Here is a pic when he was younger to show his color









He is in a 40gal breeder half cal. sand and half paper towe


----------



## lovemysnakes (Apr 17, 2011)

ooo wow pretty awesome. yeh id say some kind of defensive display. i know that males display constantly if they can see another male from across the room in another vivarium. they look like they are freaking out lol. 

ive not seen the black neck though. i would imagine this is a rush of blood flow to the area which is supposed to scare off the snake, as if the beardy is venamous or something. 

im just guessing though because ive not looked it up or anything and never seen it before. 

is he acting normally now the python is away and out of sight?


----------



## lovemysnakes (Apr 17, 2011)

oh and he is a gorgeous dragon and lovely looking set up


----------



## cobe (Nov 24, 2010)

the black beard is a normal male beardy thing to do. most bearded dragons are terrified of snakes and totally freak out when they see one.


----------



## lovemysnakes (Apr 17, 2011)

ive seen a neck go a shade of red but not black. do they do that just with snakes etc or with each other too?


----------



## cobe (Nov 24, 2010)

oh god yeah if two wales get together their throats go jet black. one of my females throats turns black too when she is put with the male. i find it is only snakes that totally freaks them out, after all they come from Oz and Ozzy snakes are pretty mean  ...


----------



## lovemysnakes (Apr 17, 2011)

yeh true say! 
So when i saw the throat of a male go red, that was it turning black or just turning a little? That would make sense. 
I keep my chuckwalla iguanas vivariums positioned so they cant see the snakes and they are stacked so the boys cant see each other. Though as the reptile room becomes more crowded im sure i might see them giving the snakes some displays. they certainly have given each other some amazing displays before. 

Great to know! Thank you very much cobe!


----------



## cobe (Nov 24, 2010)

i made the mistake of feeding several balls on the floor infront of the beardies tank tonite. the male saw them and shot up the side of the tank in fear (im a bit blond at times "/) after moving them out the way he was fine. i love chucks they are a nice species to have in the collection. all mine were well chilled...


----------



## Geckonomics (Mar 21, 2011)

thanks guys I know they have a few display methods I got him when he past the baby hand waving stage.lol

Here is his heat source he has a uvb strip light and a 100w basking bulb 









no more black neck









lovemysnakes--thank you his set up is a little nicer but like I said this is after being trashed..hehe He has settled down now

Here was the problem(spider poss het for pied)


----------



## cobe (Nov 24, 2010)

lovely spider, well defined markings. i have a soft spot for the beardies i think they are great pets...


----------



## lovemysnakes (Apr 17, 2011)

*herp collections*



cobe said:


> i made the mistake of feeding several balls on the floor infront of the beardies tank tonite. the male saw them and shot up the side of the tank in fear (im a bit blond at times "/) after moving them out the way he was fine. i love chucks they are a nice species to have in the collection. all mine were well chilled...

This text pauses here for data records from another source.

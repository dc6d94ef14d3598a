-- ===== src/Event/Polling.antt =====
-- src/event.rs: what `after` returns to a client that polls the log.
use asteria.Base.{
  ℕ, suc, ◌-◌, ◌≤◌, ◌<◌, ◌≡◌, refl, ap, Bool-cases, inl, inr, true, List, [], ◌∷◌, take, drop,
  filter, All, ltb, ltb→lt, lt→ltb, ltb-eq-false→le, arith, Bytes,
}
use asteria.Event.{Event, EventLog, EventCodec, after, verify}
use asteria.Event.Chain.{Linked, Anchored, verify_iff}

module _ {D Time : Type 0} where
  -- The events that come after, which are the rest of the log from some place on.
  pub record SplitAt (events : List (Event D Time)) (since : ℕ) : Type 0 where
    pub place : ℕ
    pub seen : All (λ e. e.sequence ≤ since) (take place events)
    pub new : All (λ e. since < e.sequence) (drop place events)
    pub found : filter (λ e. ltb since e.sequence) events ≡ drop place events

  filter_all :
      (since : ℕ) (events : List (Event D Time))
      → All (λ e. since < e.sequence) events
      → filter (λ e. ltb since e.sequence) events ≡ events
  filter_all since [] h = refl
  filter_all since (e ∷ events) h =
      rw (lt→ltb since e.sequence h.0) (ap (◌∷◌ e) (filter_all since events h.1))

  module _ (codec : EventCodec D Time) where
    Linked-later :
        (h : Bytes) (s since : ℕ) (events : List (Event D Time))
        → Linked codec h s events
        → since ≤ s
        → All (λ e. since < e.sequence) events
    Linked-later h s since [] l le = tt
    Linked-later h s since (e ∷ events) l le =
        (omega arith, Linked-later e.hash e.sequence since events l.3 (omega arith))

    split :
        (h : Bytes) (s since : ℕ) (events : List (Event D Time))
        → Linked codec h s events
        → SplitAt events since
    split h s since [] l = record { place = 0; seen = tt; new = tt; found = refl }
    split h s since (e ∷ events) l = elim (Bool-cases (ltb since e.sequence)) [
      | inl after_it ↦
          let all : All (λ x. since < x.sequence) (e ∷ events) = (
            ltb→lt _ _ after_it,
            Linked-later e.hash e.sequence since events l.3 (omega (arith, ltb→lt _ _ after_it)),
          ) in
          record { place = 0; seen = tt; new = all; found = filter_all since (e ∷ events) all }
      | inr before ↦
          let rest = split e.hash e.sequence since events l.3 in
          record {
            place = suc rest.place;
            seen = (ltb-eq-false→le _ _ before, rest.seen);
            new = rest.new;
            found = rw before rest.found;
          }
    ]

    -- On a log that verifies, one call of `after` returns the retained events from some place on, up to
    -- the limit: the retained events before that place have at most the given sequence, and those from
    -- it on have greater ones. Events that the log no longer retains are not returned.
    pub after-take-drop :
        (self : EventLog D Time) (since limit : ℕ)
        → verify codec self ≡ true
        → (place : ℕ) × All (λ e. e.sequence ≤ since) (take place self.events)
          × All (λ e. since < e.sequence) (drop place self.events)
          × (after self since limit ≡ take limit (drop place self.events))
    unfolding after
    after-take-drop self since limit good =
        let at = by_events self.events ((verify_iff codec self).0 good) in
        (at.place, at.seen, at.new, ap (take limit) at.found)
      where
        by_events : (events : List (Event D Time)) → Anchored codec events → SplitAt events since
        by_events [] a = record { place = 0; seen = tt; new = tt; found = refl }
        by_events (e ∷ events) a = split e.previous_hash (e.sequence - 1) since (e ∷ events) a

you have had chuckwallas? my two boys are 6 months old now and captive bred. they are awesome little guys with lots of personality. 
The female is a WC and was in very poor condition when i got her. Shes looking worlds better now though and starts treatment today. 
She isnt very trusting of me which is understandable but shes getting there slowly and will take flowers from my hand now. 
she has an amazing personality and is always making me chuckle. 
They are my main focus and will always be. After them its the snakes and hopefully one day i will get a rhino iguana, space, funds and time permitting. 

i had beardies in the family home when i was really young and to be honest they dont interest me much, i see plenty of them at the zoo when i go in to do voluntary work. They are great little lizards all the same. I love their hand waving. lol. and they can become so attached to their keepers, almost like they are begging for love lol.


----------



## Geckonomics (Mar 21, 2011)

cobe--- thanks dude i just got him yesterday at a expo really happy. like you said i got him because of his solid black stripe down his back. the other had blotches and not as solid of a stripe.


----------



## cobe (Nov 24, 2010)

Geckonomics said:


> cobe--- thanks dude i just got him yesterday at a expo really happy. like you said i got him because of his solid black stripe down his back. the other had blotches and not as solid of a stripe.


his colour will change as he gets older. nice looking snake  ...


----------